● **Dataset items**:
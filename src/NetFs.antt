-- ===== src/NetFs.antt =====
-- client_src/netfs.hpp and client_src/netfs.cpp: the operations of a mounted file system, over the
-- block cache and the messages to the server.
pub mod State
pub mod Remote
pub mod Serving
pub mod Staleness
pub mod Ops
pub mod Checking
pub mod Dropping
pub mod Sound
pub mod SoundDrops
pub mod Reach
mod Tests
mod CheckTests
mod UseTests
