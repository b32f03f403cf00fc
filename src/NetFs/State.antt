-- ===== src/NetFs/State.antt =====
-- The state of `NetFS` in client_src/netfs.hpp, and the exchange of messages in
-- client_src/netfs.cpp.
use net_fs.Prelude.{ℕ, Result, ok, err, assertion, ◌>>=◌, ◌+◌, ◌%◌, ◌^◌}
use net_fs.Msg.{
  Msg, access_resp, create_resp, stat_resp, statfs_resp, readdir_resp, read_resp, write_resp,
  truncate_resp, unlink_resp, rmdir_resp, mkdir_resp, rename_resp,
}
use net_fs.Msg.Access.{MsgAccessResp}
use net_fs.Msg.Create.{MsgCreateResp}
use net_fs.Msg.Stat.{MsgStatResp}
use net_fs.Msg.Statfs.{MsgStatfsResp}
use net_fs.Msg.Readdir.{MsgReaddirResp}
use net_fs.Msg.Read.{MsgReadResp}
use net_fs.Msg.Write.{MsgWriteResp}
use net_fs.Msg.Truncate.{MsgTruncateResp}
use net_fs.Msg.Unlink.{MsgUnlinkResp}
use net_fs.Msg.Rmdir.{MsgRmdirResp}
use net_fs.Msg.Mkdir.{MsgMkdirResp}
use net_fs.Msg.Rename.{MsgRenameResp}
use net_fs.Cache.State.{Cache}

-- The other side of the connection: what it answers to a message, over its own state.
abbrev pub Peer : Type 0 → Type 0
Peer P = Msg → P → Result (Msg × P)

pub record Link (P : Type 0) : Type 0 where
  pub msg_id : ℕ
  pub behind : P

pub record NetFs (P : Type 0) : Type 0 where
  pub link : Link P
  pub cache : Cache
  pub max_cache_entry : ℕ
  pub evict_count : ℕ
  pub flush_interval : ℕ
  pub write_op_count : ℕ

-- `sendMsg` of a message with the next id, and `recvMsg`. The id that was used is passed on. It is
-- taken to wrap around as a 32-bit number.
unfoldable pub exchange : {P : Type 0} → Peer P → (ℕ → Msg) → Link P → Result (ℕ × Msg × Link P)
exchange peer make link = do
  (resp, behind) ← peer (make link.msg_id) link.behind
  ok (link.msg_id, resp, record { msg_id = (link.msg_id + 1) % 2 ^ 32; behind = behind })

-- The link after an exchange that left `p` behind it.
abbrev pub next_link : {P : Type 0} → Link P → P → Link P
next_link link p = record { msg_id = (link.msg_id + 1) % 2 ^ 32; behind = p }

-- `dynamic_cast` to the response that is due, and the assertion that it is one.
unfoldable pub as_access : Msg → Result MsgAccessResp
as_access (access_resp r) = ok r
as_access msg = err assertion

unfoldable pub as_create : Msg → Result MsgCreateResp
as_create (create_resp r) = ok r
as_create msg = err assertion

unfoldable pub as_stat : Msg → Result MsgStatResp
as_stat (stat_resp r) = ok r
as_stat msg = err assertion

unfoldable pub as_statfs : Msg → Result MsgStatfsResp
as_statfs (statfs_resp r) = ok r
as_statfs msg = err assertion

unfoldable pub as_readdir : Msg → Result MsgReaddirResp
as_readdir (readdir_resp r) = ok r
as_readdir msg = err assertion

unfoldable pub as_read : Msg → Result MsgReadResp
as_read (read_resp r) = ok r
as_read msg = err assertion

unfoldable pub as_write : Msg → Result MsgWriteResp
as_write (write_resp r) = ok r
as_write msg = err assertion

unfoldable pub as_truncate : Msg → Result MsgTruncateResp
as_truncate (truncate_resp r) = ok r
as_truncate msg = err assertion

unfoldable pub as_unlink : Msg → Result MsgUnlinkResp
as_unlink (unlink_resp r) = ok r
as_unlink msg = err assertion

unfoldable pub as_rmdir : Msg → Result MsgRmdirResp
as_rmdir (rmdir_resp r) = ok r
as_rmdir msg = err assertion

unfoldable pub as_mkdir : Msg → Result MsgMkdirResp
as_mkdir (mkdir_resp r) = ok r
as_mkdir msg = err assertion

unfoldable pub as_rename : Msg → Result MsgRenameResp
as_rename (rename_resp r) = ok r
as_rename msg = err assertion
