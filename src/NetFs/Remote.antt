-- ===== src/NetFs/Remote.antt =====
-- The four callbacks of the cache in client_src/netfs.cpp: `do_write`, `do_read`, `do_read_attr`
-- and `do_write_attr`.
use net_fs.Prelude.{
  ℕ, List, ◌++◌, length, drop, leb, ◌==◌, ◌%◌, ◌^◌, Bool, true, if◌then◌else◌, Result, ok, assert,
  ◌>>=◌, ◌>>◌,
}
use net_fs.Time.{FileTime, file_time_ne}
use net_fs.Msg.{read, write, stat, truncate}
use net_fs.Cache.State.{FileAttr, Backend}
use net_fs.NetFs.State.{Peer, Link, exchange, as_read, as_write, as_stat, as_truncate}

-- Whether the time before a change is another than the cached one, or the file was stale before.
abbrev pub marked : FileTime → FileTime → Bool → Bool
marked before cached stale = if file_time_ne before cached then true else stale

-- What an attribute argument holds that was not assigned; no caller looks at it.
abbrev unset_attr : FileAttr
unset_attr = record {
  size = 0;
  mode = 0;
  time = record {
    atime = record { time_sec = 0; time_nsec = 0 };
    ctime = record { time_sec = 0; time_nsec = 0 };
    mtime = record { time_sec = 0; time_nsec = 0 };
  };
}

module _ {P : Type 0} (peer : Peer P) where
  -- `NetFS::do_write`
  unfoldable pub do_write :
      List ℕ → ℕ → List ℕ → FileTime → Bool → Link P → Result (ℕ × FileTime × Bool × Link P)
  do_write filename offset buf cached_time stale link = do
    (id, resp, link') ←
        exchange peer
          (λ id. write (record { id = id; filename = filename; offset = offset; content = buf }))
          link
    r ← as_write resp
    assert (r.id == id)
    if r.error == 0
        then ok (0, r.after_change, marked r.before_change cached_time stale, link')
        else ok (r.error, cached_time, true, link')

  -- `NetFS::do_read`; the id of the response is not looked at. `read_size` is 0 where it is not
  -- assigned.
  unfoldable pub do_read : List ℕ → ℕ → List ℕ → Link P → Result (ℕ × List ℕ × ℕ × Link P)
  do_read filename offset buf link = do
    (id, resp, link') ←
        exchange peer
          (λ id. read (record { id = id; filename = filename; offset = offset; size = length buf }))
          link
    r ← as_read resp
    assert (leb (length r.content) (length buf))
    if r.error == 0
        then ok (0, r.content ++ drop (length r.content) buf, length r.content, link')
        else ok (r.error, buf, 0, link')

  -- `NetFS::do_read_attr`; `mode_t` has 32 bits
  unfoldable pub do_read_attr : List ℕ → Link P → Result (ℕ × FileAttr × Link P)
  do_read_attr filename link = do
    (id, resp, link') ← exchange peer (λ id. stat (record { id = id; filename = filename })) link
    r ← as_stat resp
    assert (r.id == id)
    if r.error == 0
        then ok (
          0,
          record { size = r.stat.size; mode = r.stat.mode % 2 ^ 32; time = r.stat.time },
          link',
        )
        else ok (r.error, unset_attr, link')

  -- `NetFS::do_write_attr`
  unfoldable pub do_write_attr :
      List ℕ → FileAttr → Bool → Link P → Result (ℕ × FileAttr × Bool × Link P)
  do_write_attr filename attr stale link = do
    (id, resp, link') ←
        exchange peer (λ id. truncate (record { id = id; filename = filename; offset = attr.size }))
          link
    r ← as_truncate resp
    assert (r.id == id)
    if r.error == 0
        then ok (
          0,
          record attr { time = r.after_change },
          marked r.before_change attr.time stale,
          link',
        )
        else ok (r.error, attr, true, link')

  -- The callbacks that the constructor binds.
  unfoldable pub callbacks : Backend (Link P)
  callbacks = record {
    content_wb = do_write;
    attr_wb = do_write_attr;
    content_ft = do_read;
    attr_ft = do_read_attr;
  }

--

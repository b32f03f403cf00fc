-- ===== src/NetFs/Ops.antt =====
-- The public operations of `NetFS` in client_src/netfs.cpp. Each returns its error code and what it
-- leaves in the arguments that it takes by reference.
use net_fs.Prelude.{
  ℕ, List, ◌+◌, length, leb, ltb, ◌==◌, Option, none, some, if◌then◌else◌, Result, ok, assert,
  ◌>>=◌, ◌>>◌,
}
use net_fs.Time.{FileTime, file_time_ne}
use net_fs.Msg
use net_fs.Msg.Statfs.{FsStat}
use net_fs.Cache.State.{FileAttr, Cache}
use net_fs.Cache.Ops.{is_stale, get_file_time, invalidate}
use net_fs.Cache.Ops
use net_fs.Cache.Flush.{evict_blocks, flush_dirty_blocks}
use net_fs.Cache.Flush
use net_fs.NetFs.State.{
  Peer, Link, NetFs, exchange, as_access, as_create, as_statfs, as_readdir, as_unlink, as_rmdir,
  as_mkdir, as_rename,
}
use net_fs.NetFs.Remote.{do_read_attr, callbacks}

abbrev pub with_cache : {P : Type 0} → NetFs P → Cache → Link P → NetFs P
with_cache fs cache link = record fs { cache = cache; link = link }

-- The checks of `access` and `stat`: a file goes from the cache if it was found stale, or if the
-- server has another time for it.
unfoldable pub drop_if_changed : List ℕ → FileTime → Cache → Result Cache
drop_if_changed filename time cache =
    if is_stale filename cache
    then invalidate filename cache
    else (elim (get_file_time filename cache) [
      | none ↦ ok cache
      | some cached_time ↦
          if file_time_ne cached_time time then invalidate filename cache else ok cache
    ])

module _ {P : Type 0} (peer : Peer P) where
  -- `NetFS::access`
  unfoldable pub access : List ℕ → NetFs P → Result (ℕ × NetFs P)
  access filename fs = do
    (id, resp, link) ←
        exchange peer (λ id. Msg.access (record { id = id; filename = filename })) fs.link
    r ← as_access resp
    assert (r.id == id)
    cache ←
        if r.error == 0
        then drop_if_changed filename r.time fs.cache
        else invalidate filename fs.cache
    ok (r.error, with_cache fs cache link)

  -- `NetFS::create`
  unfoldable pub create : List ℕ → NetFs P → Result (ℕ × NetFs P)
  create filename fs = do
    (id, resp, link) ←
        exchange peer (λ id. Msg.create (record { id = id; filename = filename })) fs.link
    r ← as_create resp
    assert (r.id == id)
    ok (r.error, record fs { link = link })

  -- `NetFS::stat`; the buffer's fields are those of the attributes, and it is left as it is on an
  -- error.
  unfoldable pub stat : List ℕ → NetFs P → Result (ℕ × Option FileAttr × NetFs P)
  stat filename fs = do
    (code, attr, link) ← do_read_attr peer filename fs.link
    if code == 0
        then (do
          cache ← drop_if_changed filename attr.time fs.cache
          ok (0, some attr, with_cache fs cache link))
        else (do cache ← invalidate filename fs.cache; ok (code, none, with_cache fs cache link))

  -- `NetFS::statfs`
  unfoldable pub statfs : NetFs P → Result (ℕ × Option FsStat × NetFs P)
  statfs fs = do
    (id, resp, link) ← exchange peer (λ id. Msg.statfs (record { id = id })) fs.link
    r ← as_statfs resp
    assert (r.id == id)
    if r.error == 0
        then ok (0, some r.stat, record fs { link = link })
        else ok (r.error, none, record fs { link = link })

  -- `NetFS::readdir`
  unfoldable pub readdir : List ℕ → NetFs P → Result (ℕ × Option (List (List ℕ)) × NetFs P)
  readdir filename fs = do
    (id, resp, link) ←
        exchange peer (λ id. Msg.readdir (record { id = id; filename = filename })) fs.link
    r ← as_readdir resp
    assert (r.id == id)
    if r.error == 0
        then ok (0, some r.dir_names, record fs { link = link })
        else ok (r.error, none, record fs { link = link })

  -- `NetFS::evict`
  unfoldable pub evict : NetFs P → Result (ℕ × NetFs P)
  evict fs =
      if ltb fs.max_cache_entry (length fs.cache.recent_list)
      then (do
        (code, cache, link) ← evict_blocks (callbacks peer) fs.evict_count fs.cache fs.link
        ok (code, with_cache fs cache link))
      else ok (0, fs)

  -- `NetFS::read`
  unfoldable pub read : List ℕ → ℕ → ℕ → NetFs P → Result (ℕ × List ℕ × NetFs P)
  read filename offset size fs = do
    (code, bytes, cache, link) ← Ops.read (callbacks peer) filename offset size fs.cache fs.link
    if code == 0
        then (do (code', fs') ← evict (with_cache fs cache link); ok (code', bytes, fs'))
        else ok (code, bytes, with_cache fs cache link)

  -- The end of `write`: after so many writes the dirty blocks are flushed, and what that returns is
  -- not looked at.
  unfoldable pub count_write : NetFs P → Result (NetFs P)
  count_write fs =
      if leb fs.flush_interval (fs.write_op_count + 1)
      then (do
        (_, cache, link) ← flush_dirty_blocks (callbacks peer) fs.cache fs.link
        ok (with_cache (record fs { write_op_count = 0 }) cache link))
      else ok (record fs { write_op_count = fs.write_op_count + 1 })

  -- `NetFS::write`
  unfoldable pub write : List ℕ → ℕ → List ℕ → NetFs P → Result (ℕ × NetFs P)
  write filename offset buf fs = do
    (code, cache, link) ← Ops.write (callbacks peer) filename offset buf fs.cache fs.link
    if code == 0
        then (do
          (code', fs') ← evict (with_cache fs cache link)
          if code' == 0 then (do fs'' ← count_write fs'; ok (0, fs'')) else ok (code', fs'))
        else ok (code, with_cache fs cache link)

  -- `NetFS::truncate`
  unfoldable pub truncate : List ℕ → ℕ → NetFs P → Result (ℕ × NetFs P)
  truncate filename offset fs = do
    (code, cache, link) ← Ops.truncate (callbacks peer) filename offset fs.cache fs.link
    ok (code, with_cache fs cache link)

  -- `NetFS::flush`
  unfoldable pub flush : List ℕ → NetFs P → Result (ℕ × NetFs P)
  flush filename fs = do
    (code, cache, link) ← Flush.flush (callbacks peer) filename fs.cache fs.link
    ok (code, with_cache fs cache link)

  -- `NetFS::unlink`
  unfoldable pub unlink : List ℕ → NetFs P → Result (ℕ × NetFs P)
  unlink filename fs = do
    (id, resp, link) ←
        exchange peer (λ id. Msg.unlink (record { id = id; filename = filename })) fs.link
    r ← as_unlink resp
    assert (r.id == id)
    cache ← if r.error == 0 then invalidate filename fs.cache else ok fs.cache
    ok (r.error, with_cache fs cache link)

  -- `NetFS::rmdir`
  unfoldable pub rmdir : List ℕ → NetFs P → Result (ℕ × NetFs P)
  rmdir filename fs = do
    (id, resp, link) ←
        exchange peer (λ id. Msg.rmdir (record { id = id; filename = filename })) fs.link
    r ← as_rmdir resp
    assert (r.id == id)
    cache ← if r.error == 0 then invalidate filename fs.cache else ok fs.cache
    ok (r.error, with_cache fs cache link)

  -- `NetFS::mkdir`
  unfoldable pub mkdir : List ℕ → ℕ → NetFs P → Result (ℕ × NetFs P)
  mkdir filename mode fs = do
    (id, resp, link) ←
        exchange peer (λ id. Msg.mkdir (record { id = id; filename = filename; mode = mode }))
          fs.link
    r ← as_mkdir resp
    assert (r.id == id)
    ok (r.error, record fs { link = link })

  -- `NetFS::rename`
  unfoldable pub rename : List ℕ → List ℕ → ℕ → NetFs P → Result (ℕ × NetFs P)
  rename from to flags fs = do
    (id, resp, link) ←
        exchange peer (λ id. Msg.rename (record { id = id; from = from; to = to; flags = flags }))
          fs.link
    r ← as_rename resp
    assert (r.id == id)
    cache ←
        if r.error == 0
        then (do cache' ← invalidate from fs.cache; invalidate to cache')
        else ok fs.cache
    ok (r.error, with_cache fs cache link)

● **Your assignment**:
Each line that includes the string "FileAttr" should be copied from the data.

● **Result of the task**:
use net_fs.Cache.State.{FileAttr, Backend}
abbrev unset_attr : FileAttr
  unfoldable pub do_read_attr : List ℕ → Link P → Result (ℕ × FileAttr × Link P)
      List ℕ → FileAttr → Bool → Link P → Result (ℕ × FileAttr × Bool × Link P)
use net_fs.Cache.State.{FileAttr, Cache}
  unfoldable pub stat : List ℕ → NetFs P → Result (ℕ × Option FileAttr × NetFs P)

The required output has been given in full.